Perché Draghi? Probabilmente perché era il modo migliore di cui Mattarella disponeva per convincere le forze politiche che in caso di fallimento rimaneva davvero solo la via dello scioglimento ad horas. Per questo doveva giocare la carta più alta.
Su questa consapevolezza le forze politiche hanno deciso, valutando le proprie convenienze.
Volendo, avrebbero potuto dire no a Draghi, e rifiutare di entrare nel governo annunciando un diniego della fiducia. Stava per accadere con la Lega, dove Salvini è stato diffidato a partecipare dal mondo imprenditoriale del Nord. Potrebbe accadere per una parte di M5S. Con la fiducia, le forze politiche si impadroniscono del gioco, se vogliono farlo. Hanno tutti gli strumenti necessari.

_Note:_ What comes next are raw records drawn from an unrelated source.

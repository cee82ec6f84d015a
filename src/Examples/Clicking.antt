-- ===== src/Examples/Clicking.antt =====
-- The balance of a user with two accounts in tenderSOL, and a click on half of it.
use marinade_tenderize_from.Prelude.{ℕ, Bool, true, false, none, some, List, [], ◌∷◌}
use marinade_tenderize_from.Actions.Wallet.{UserAction}
use marinade_tenderize_from.Actions.Accounts.{TokenAccount}
use marinade_tenderize_from.Balance.{on_withdraw}
use marinade_tenderize_from.Examples.Builders.{libraries, web_ids}
use marinade_tenderize_from.Examples.Cached.{byte_layouts, an_account}
use marinade_tenderize_from.Examples.Acting.{agreeing, native_lamports, the_pool}

abbrev tender_account : ℕ → ℕ → TokenAccount
tender_account key lamports = record {
  pubkey = key;
  info = record {
    mint = 3;
    owner = 30;
    amount = lamports;
    delegate = none;
    delegated_amount = 0;
    is_initialized = true;
    is_frozen = false;
    is_native = false;
    rent_exempt_reserve = none;
    close_authority = none;
  };
}

abbrev three_accounts : List TokenAccount
three_accounts = tender_account 41 500 ∷ native_lamports ∷ tender_account 42 700 ∷ []

-- Half of the balance is 600, taken from the account with 700.
abbrev click_on_half : UserAction agreeing Bool
click_on_half =
    on_withdraw agreeing web_ids libraries byte_layouts (some an_account) 3 (tender_account 42 700)
      600 (some 30) (some the_pool)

Se qualcuno teme un commissariamento delle assemblee elettive e una deriva personalistica e plebiscitaria si potrà, ad esempio, diffidare Draghi dal governare a colpi di questione di fiducia (cosa che probabilmente non farà comunque, nella situazione data).
O chiedere un minore ricorso ai Dpcm a favore di leggi, e se necessario decreti-legge. O porre fine alle scarne informative di governo, passando a veri dibattiti seguiti dal voto su atti di indirizzo. O mettere ordine nella selva di comitati tecnici, cabine di regia e momenti di concertazione tra esecutivi, riportando le scelte politiche a palazzo Chigi e nell’orbita del rapporto governo-parlamento e delle correlate responsabilità.
O infine pretendere dal premier che l’ordine del giorno del consiglio dei ministri sia diramato con anticipo, e nulla arrivi fuori sacco per la decisione.
Intendiamoci. La crisi si poteva e doveva evitare. Va imputata senza se e senza ma a Matteo Renzi. Anche Conte ha commesso qualche serio errore, dalla proposta di una cabina di regia per i fondi Ue che emarginava non solo il parlamento ma la sua stessa maggioranza, a una formulazione debole del Recovery Plan, alla ricerca inutile di “costruttori”. Ma erano possibili risposte alternative alla crisi.
Ora, abbiamo un governo spostato a destra, che può certamente non piacere. Ma non sappiamo ancora esattamente quanto e su cosa guarderà a destra. Non sappiamo che farà su temi cruciali come il distacco Nord-Sud, l’autonomia differenziata, la legge elettorale, la scuola, la sanità, l’ambiente.
Lo capiremo meglio dal discorso programmatico, e si valuterà di conseguenza. In ogni caso, al di là delle apparenze, le cose sono andate come hanno voluto le forze politiche. E la saggezza dei costituenti lo ha consentito.